# Hey y’all! Looking for trim or weed work.



## Haxsys (Aug 2, 2021)

This would be my first time doing it, but I got a heart of gold, a willingness to work, a van to live out of and a beautiful puppy!

Just kind of throwing it out there. Any pointers would be greatly appreciated!


----------



## Deleted member 31394 (Aug 21, 2021)

Haxsys said:


> This would be my first time doing it, but I got a heart of gold, a willingness to work, a van to live out of and a beautiful puppy!
> 
> Just kind of throwing it out there. Any pointers would be greatly appreciated!
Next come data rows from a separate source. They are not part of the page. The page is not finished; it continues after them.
-- ===== src/Config/WsUrl/HostPort.antt =====
-- src/config.c: what `parse_ws_endpoint` hands on to `parse_endpoint`.
use wireguard_tools.Config.Endpoint.{parse_endpoint, endpoint_parts}
use wireguard_tools.Config.Numbers.{is_empty, first_byte}
use wireguard_tools.Config.Outcome.{done, ◌>>=◌}
use wireguard_tools.Config.System.{System}
use wireguard_tools.Config.WsUrl.Spelled.{authority, Readable, IsWsUrl}
use wireguard_tools.Config.WsUrl.Whole.{ws_url_split_iff}
use wireguard_tools.Config.WsUrl.{host_port, snprintf, parse_ws_endpoint}
use wireguard_tools.Containers.{Peer}
use wireguard_tools.Libc.Text.{split_first-append, split_last-append, contains}
use wireguard_tools.Prelude.{
  ◌+◌, ◌≤◌, ◌<◌, ◌≡◌, ◌∙◌, ap, inl, inr, refl, arith, Bool, true, false, some, [], ◌∷◌, ◌++◌, ◌==◌,
  Bool-cases, Bytes, length, length-append, take_all,
}

host_port-authority :
    (host port : Bytes) → host_port host port ≡ authority (contains b':' host) host port
unfolding host_port
host_port-authority host port = elim (Bool-cases (contains b':' host)) [
  | inl six ↦ rw six refl
  | inr four ↦ rw four refl
]

length-authority :
    (brackets : Bool) (host port : Bytes)
    → length (authority brackets host port) ≤ length host + length port + 3
length-authority true host port = omega (arith, length-append host (b']' ∷ b':' ∷ port))
length-authority false host port = omega (arith, length-append host (b':' ∷ port))

-- The 300 bytes of `hostport` hold every host and port that fit their own buffers.
host_port_fits :
    (host port : Bytes)
    → length host < 256
    → length port < 16
    → snprintf 300 (host_port host port) ≡ authority (contains b':' host) host port
host_port_fits host port h p =
    ap (λ (s : Bytes). snprintf 300 s) (host_port-authority host port)
    ∙ take_all 299 (authority (contains b':' host) host port)
        (omega (arith, length-authority (contains b':' host) host port))

first_plain :
    (host rest : Bytes)
    → (first_byte host == b'[') ≡ false
    → is_empty host ≡ false
    → (first_byte (host ++ rest) == b'[') ≡ false
first_plain [] rest h k = cc
first_plain (c ∷ host) rest h k = h

endpoint_parts-authority :
    (brackets : Bool) (host port : Bytes)
    → Readable brackets host port
    → is_empty host ≡ false
    → is_empty port ≡ false
    → endpoint_parts (authority brackets host port) ≡ some (host, port)
unfolding endpoint_parts contains
endpoint_parts-authority true host port closed h p =
    rw (split_first-append b']' (b'[' ∷ host) (b':' ∷ port) closed, p) refl
endpoint_parts-authority false host port (first, slash, last) h p =
    rw (first_plain host (b':' ∷ port) first h, split_last-append b':' host port last, p) refl

-- For a URL that `ws_url_split` takes apart with the buffers of `parse_ws_endpoint`, and that has
-- brackets around its host exactly if the host holds a colon: `parse_ws_endpoint` hands the host and
-- the port to `parse_endpoint` the way the URL writes them, with its brackets and with nothing cut
-- off, and keeps the address that is found and the whole URL; and what it hands over is split into
-- the same host and port again.
pub parse_ws_endpoint-authority :
    (sys : System) (peer : Peer) (url host port : Bytes)
    → IsWsUrl 256 16 (contains b':' host) url host port
    → (parse_ws_endpoint sys peer url ≡ (
        parse_endpoint sys (authority (contains b':' host) host port) >>= λ addr.
        done (record peer { endpoint = addr; ws_url = some url })))
      × (endpoint_parts (authority (contains b':' host) host port) ≡ some (host, port))
unfolding parse_ws_endpoint
parse_ws_endpoint-authority sys peer url host port w = (
  rw
      (
        parse_ws_endpoint,
        (ws_url_split_iff url 256 16 host port).1 (contains b':' host, w),
        host_port_fits host port w.host_fits w.port_fits,
      )
      refl,
  endpoint_parts-authority (contains b':' host) host port w.readable w.host_nonempty
      w.port_nonempty,
)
Go to a junction between pot growing counties humboldt medno southern Oregon mountain towns, find the local gas station or co op, put a pair of trim scissors on a sign and hang out on a corner or at the local downtown spot. Ask around for work, other people trimming will bring you along after vetting you. My first trim season a friend brought me, after that I asked around in towns and finally if al else failed a trim sign. Black market grows are okay, cbd is easy and usually boring.


----------



## rotttenj (Oct 10, 2021)

Hwy 97, I believe it spans from either oregon or Northern California to hwy 1 in bc. Loads of herb work and great region


----------



## Spazz (Mar 24, 2022)

Humboldt is closed.

Mendo seems fine if you just want to hang out on the beach.

No idea about Trinity.

Save your fond memories of the Emerald Triangle to tell your grandkids. The Green Rush is over.

We've got Zzzquill over by my van down by the Instagram, though.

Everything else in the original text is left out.